Flight deal hunting. Another user built a flight booking agent that opens 5 airline sites simultaneously, searches the same route on all of them, compares prices, and returns the cheapest option. The agent fills in departure, destination, and dates on each site at the same time.

Actionbook lets your agent control the browser in parallel. This is what agents should have been doing from the start.

Let OpenClaw Use Your ChatGPT GPT-5.4 Pro Model

Senpeng — Fri, 03 Apr 2026 06:47:11 +0000

I run OpenClaw on my Mac Mini as a personal assistant for daily automation. Recently I wanted to give it one more ability: talk to ChatGPT through my actual browser, not the API.

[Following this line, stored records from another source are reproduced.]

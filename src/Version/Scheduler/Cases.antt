-- ===== src/Version/Scheduler/Cases.antt =====
-- A case rule for `Sweep` of internal/service/version/revalidate_scheduler.go.
use svm_go.Prelude.{ℕ, ◌≡◌, refl, Bool, Option, none, some, List, Str, pos}
use svm_go.Cache.Clock.{Time, add, negate}
use svm_go.Cache.Policy.{Policy}
use svm_go.Metrics.{Metrics, inc_revalidate_run}
use svm_go.Version.Activity.{ActivityTracker, active_keys_since, prune_active_keys_before}
use svm_go.Version.Queue.{RefreshQueue}
use svm_go.Version.Scheduler.{RevalidateSweepResult, empty_result, Sources, sweep_keys, sweep}
use svm_go.Version.Store.{CacheStore}

module _ (store : CacheStore) where
  abbrev pub idle_sources : Sources store.State → Option ActivityTracker → Sources store.State
  idle_sources s tracker = record s {
    active_keys = tracker;
    metrics = inc_revalidate_run s.metrics;
  }

  abbrev pub swept_sources :
      Sources store.State
      → ActivityTracker
      → RevalidateSweepResult × store.State × RefreshQueue
      → RevalidateSweepResult × Sources store.State
  swept_sources s tracker swept = (
    swept.0,
    record {
      active_keys = some tracker;
      cache_store = some swept.1;
      queue = some swept.2;
      metrics = inc_revalidate_run s.metrics;
    },
  )

  module _ (P : RevalidateSweepResult × Sources store.State → Type 0) (policy : Policy)
      (done : ℕ → Bool) (now : Time) where
    abbrev since : Time
    since = add now (negate policy.revalidate_lookback)

    listed :
        (t : ActivityTracker) (st : store.State) (q : RefreshQueue) (m : Option Metrics)
        (keys : Option (List Str))
        → active_keys_since done since (pos 0) (prune_active_keys_before since t) ≡ keys
        → let s : Sources store.State = record {
          active_keys = some t;
          cache_store = some st;
          queue = some q;
          metrics = m;
        } in
          ((tracker : Option ActivityTracker) → P (empty_result, idle_sources s tracker))
          → ((tracker : ActivityTracker) (l : List Str)
              → P (swept_sources s tracker (sweep_keys store policy now l st q)))
          → P (sweep store policy done now s)
    unfolding sweep
    listed t st q m none e idle swept =
        rw (sweep, e) (idle (some (prune_active_keys_before since t)))
    listed t st q m (some l) e idle swept =
        rw (sweep, e) (swept (prune_active_keys_before since t) l)

    parts :
        (a : Option ActivityTracker) (c : Option store.State) (q : Option RefreshQueue)
        (m : Option Metrics)
        → let s : Sources store.State = record {
          active_keys = a;
          cache_store = c;
          queue = q;
          metrics = m;
        } in
          ((tracker : Option ActivityTracker) → P (empty_result, idle_sources s tracker))
          → ((tracker : ActivityTracker) (l : List Str) (st : store.State) (q' : RefreshQueue)
              → c ≡ some st
              → q ≡ some q'
              → P (swept_sources s tracker (sweep_keys store policy now l st q')))
          → P (sweep store policy done now s)
    unfolding sweep
    parts none c q m idle swept = idle none
    parts (some t) none q m idle swept = idle (some t)
    parts (some t) (some st) none m idle swept = idle (some t)
    parts (some t) (some st) (some q) m idle swept =
        listed t st q m _ refl idle (λ tracker l. swept tracker l st q refl refl)

    -- A sweep does nothing but count and prune, or it sweeps a list of keys.
    pub sweep_cases :
        (s : Sources store.State)
        → ((tracker : Option ActivityTracker) → P (empty_result, idle_sources s tracker))
        → ((tracker : ActivityTracker) (l : List Str) (st : store.State) (q : RefreshQueue)
            → s.cache_store ≡ some st
            → s.queue ≡ some q
            → P (swept_sources s tracker (sweep_keys store policy now l st q)))
        → P (sweep store policy done now s)
    sweep_cases s = parts s.active_keys s.cache_store s.queue s.metrics
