-- ===== src/Version/Refresh/Answers.antt =====
-- What a background refresh of internal/service/version/service.go does with an answer.
use svm_go.Prelude.{
  ℕ, ◌+◌, ◌%◌, ◌^◌, none, some, ◌≡◌, ◌≢◌, ◌∙◌, ap, refl, sym, Option, Str, arith, Bool-cases, inl,
  inr, ◌==◌,
}
use mathlib.Core.Path.{ap, subst}
use svm_go.Cache.{Record}
use svm_go.Cache.Clock.{Time}
use svm_go.Metrics.{Metrics, snapshot}
use svm_go.Platform.{Platform}
use svm_go.Version.Cached.{revalidated_record, fresh_record}
use svm_go.Version.Respond.{count_error}
use svm_go.Version.Handle.{observe_response}
use svm_go.Version.Refresh.{refresh_ok, refresh_answer, refresh_request, refresh_send}
use svm_go.Version.Status.{ReadResult, read, too_large, read_error, read_bounded_body}
use svm_go.Version.Store.{CacheStore}
use svm_go.Version.World.{Config, World, UpstreamResponse, Outside, Fetched, fetched, fetch_error}
use svm_go.Version.Records.{
  IsValidAnswer, IsFresh, IsRevalidated, fresh_record-IsFresh, revalidated_record-IsRevalidated,
  read_bounded_body-IsValidAnswer,
}

-- The four counters of refreshes: updated, not modified, skipped and failed.
abbrev pub refresh_counters : Option Metrics → ℕ × ℕ × ℕ × ℕ
refresh_counters m = (
  (snapshot m).refresh_updated,
  (snapshot m).refresh_not_mod,
  (snapshot m).refresh_skipped,
  (snapshot m).refresh_failed,
)

-- The four counters with one of them counted up, as a uint64, where there are metrics to count in.
abbrev pub updated_once : Option Metrics → ℕ × ℕ × ℕ × ℕ
updated_once none = refresh_counters none
updated_once (some m) =
    ((m.refresh_updated + 1) % 2 ^ 64, m.refresh_not_mod, m.refresh_skipped, m.refresh_failed)

abbrev pub not_modified_once : Option Metrics → ℕ × ℕ × ℕ × ℕ
not_modified_once none = refresh_counters none
not_modified_once (some m) =
    (m.refresh_updated, (m.refresh_not_mod + 1) % 2 ^ 64, m.refresh_skipped, m.refresh_failed)

abbrev pub skipped_once : Option Metrics → ℕ × ℕ × ℕ × ℕ
skipped_once none = refresh_counters none
skipped_once (some m) =
    (m.refresh_updated, m.refresh_not_mod, (m.refresh_skipped + 1) % 2 ^ 64, m.refresh_failed)

abbrev pub failed_once : Option Metrics → ℕ × ℕ × ℕ × ℕ
failed_once none = refresh_counters none
failed_once (some m) =
    (m.refresh_updated, m.refresh_not_mod, m.refresh_skipped, (m.refresh_failed + 1) % 2 ^ 64)

module _ (pl : Platform) (store : CacheStore) (cfg : Config) where
  -- The answer gives no record: there is none, it is neither a 200 nor a 304, or it is a 200 whose
  -- body cannot be read within the limit or is not valid JSON.
  pub data IsUseless : Fetched → Type 0 where
    no_answer : IsUseless fetch_error
    other_status :
        {resp : UpstreamResponse}
        → resp.status_code ≢ 200
        → resp.status_code ≢ 304
        → IsUseless (fetched resp)
    bad_body :
        {resp : UpstreamResponse}
        → resp.status_code ≡ 200
        → ((body : Str) → IsValidAnswer pl cfg.policy resp body → ⊥)
        → IsUseless (fetched resp)

  -- What a refresh of `r` under a key did with an answer: it is counted as one of three, and the cache
  -- holds the record of a valid 200, the old one with new times after a 304, or what it held.
  pub data Answered (key url : Str) (now : Time) (r : Record) (answer : Fetched)
      (w w' : World store.State) : Type 0 where
    updated :
        (resp : UpstreamResponse) (body : Str) (fresh : Record)
        → answer ≡ fetched resp
        → IsValidAnswer pl cfg.policy resp body
        → IsFresh cfg.policy url now resp body fresh
        → refresh_counters w'.metrics ≡ updated_once w.metrics
        → w'.store ≡ store.set key fresh w.store
        → Answered key url now r answer w w'
    not_modified :
        (resp : UpstreamResponse) (kept : Record)
        → answer ≡ fetched resp
        → resp.status_code ≡ 304
        → IsRevalidated cfg.policy url now r kept
        → refresh_counters w'.metrics ≡ not_modified_once w.metrics
        → w'.store ≡ store.set key kept w.store
        → Answered key url now r answer w w'
    failed :
        IsUseless answer
        → refresh_counters w'.metrics ≡ failed_once w.metrics
        → w'.store ≡ w.store
        → Answered key url now r answer w w'

  refresh_ok-Answered :
      (key url : Str) (now : Time) (r : Record) (resp : UpstreamResponse) (w : World store.State)
      → resp.status_code ≡ 200
      → Answered key url now r (fetched resp) w (refresh_ok pl store cfg key url now resp w)
  refresh_ok-Answered key url now r resp w is_200 =
      go (read_bounded_body resp.body cfg.policy.max_upstream_response_bytes) refl
    where
      go :
          (b : ReadResult)
          → read_bounded_body resp.body cfg.policy.max_upstream_response_bytes ≡ b
          → Answered key url now r (fetched resp) w (refresh_ok pl store cfg key url now resp w)
      go too_large e =
          failed (bad_body is_200 (λ body v. absurd (cc (e, v.bytes))))
            (unfold refresh_ok in ground arith) (unfold refresh_ok in ground arith)
      go (read_error m) e =
          failed (bad_body is_200 (λ body v. absurd (cc (e, v.bytes))))
            (unfold refresh_ok in ground arith) (unfold refresh_ok in ground arith)
      go (read body) e = elim (Bool-cases (pl.json_valid body)) [
        | inl valid ↦
            updated resp body (fresh_record cfg.policy url now resp body) refl
              (read_bounded_body-IsValidAnswer pl cfg.policy resp body is_200 e valid)
              (fresh_record-IsFresh cfg.policy url now resp body is_200)
              (unfold refresh_ok in ground arith) (unfold refresh_ok in ground arith)
        | inr invalid ↦
            failed
              (bad_body is_200 (λ other v.
                let same : other ≡ body = cc (e, v.bytes) in absurd (cc (same, v.valid, invalid))))
              (unfold refresh_ok in ground arith) (unfold refresh_ok in ground arith)
      ]

  pub refresh_answer-Answered :
      (key url : Str) (now : Time) (r : Record) (resp : UpstreamResponse) (w : World store.State)
      → Answered key url now r (fetched resp) w (refresh_answer pl store cfg key url now r resp w)
  refresh_answer-Answered key url now r resp w = elim (Bool-cases (resp.status_code == 304)) [
    | inl is_304 ↦
        not_modified resp (revalidated_record cfg.policy url now r) refl (ground arith)
          (revalidated_record-IsRevalidated cfg.policy url now r)
          (unfold refresh_answer in ground arith) (unfold refresh_answer in ground arith)
    | inr not_304 ↦ elim (Bool-cases (resp.status_code == 200)) [
      | inl is_200 ↦
          let same : refresh_answer pl store cfg key url now r resp w
              ≡ refresh_ok pl store cfg key url now resp w =
            unfold refresh_answer in ground arith in
          subst (Answered key url now r (fetched resp) w) (sym same)
            (refresh_ok-Answered key url now r resp w (ground arith))
      | inr not_200 ↦
          failed (other_status (λ e. ground arith) (λ e. ground arith))
            (unfold refresh_answer in ground arith) (unfold refresh_answer in ground arith)
    ]
  ]

  -- The world in which the answer to a refresh is looked at.
  abbrev pub answered_world :
      Outside → (url : Str) → Record → UpstreamResponse → World store.State → World store.State
  answered_world out url r resp w =
      observe_response pl store cfg out.observing_at
        (refresh_request pl store cfg url out.choosing_at r w).token resp
        (count_error pl store cfg resp.status_code
          (refresh_send pl store cfg url out.choosing_at r w))

  -- Neither the cache nor a counter of refreshes changes.
  pub record SameRefreshes (w w' : World store.State) : Type 0 where
    pub counters : refresh_counters w'.metrics ≡ refresh_counters w.metrics
    pub updated_next : updated_once w'.metrics ≡ updated_once w.metrics
    pub not_modified_next : not_modified_once w'.metrics ≡ not_modified_once w.metrics
    pub failed_next : failed_once w'.metrics ≡ failed_once w.metrics
    pub same_store : w'.store ≡ w.store

  pub Answered-SameRefreshes :
      (key url : Str) (now : Time) (r : Record) (answer : Fetched) (w v w' : World store.State)
      → SameRefreshes w v
      → Answered key url now r answer v w'
      → Answered key url now r answer w w'
  Answered-SameRefreshes key url now r answer w v w' s (updated resp body fresh e valid made c t) =
      updated resp body fresh e valid made (c ∙ s.updated_next)
        (t ∙ ap (store.set key fresh) s.same_store)
  Answered-SameRefreshes key url now r answer w v w' s (not_modified resp kept e is_304 made c t) =
      not_modified resp kept e is_304 made (c ∙ s.not_modified_next)
        (t ∙ ap (store.set key kept) s.same_store)
  Answered-SameRefreshes key url now r answer w v w' s (failed useless c t) =
      failed useless (c ∙ s.failed_next) (t ∙ s.same_store)

  pub answered_world-SameRefreshes :
      (out : Outside) (url : Str) (r : Record) (resp : UpstreamResponse) (w : World store.State)
      → SameRefreshes w (answered_world out url r resp w)
  unfolding observe_response refresh_send
  answered_world-SameRefreshes out url r resp w = record {
    counters = ground arith;
    updated_next = ground arith;
    not_modified_next = ground arith;
    failed_next = ground arith;
    same_store = ground arith;
  }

Here's what it looks like. I send a message in Telegram, OpenClaw opens ChatGPT in Chrome, sends the prompt, reads the response, and brings it back:

Why Operate ChatGPT This Way

Some ChatGPT models like GPT-5.4 Pro are only available through the web interface with a Plus or Pro subscription. The API has its own model list and own pricing. Going through the browser means OpenClaw gets access to every model I can use, including the ones the API doesn't offer.

When I chat with OpenClaw through Telegram and need research on something, I just ask. OpenClaw opens ChatGPT in the browser, sends my question, reads the response, and replies back to me in Telegram. I don't switch apps or copy-paste anything, and the conversation stays in my ChatGPT history so I can pick it up later.

Because it uses my real browser session, OpenClaw can select any model I have access to. If OpenAI drops a new model next week, OpenClaw just picks it from the dropdown the same way I would.

How I Set It Up: actionbook CLI + Chrome Extension

actionbook is a Browser Action Engine I've been building. It gives AI agents pre-computed "action manuals" for websites, semantic descriptions of what's interactive, so agents don't need to parse raw HTML or guess at selectors.

The key for OpenClaw: actionbook CLI connects to your existing Chrome through a Chrome extension. Not a new browser instance. Your running browser with active session.

There's only one manual step: install the actionbook Chrome extension from the Web Store. Everything else, I just told OpenClaw to do it:

Install actionbook CLI from https://github.com/actionbook/actionbook
run `actionbook setup`, and pick extension mode for browser connection.

During setup, the wizard detects your environment: OS, shell, installed browsers. The important step is Browser Mode, where it picks between:

isolated: Launch a dedicated browser (clean environment, no setup needed)
extension: Control your existing Chrome

OpenClaw picked extension as instructed. That's the whole point. I want to control the Chrome that's already logged into ChatGPT, not spin up a fresh one.

How OpenClaw Operates ChatGPT

Once actionbook is set up, I just tell OpenClaw what I need:

Use actionbook to open ChatGPT and ask: 
what are the latest trends in AI agents for 2026? Bring me the answer.

I don't tell OpenClaw which button to click or where the input box is. OpenClaw reads the action manual for ChatGPT, takes a snapshot of the page to understand the current layout, and figures out how to operate it on its own. It fills in the prompt, clicks send, waits for the response to finish streaming, and reads the result back to me.

Here's what it runs behind the scenes:

actionbook search "chatgpt"
actionbook get chatgpt.com:/:default
actionbook browser snapshot
actionbook browser fill "your question here" --ref-id e3
actionbook browser click --ref-id e4
actionbook browser wait-idle
actionbook browser text

What Else I Use It For

I also use it for parallel GEO testing. When I need to compare how ChatGPT responds to the same prompt under different contexts, I tell OpenClaw to open multiple tabs and send them all at once.

And this isn't limited to ChatGPT. OpenClaw can operate any page I'm already logged into. That's what makes it a real agent.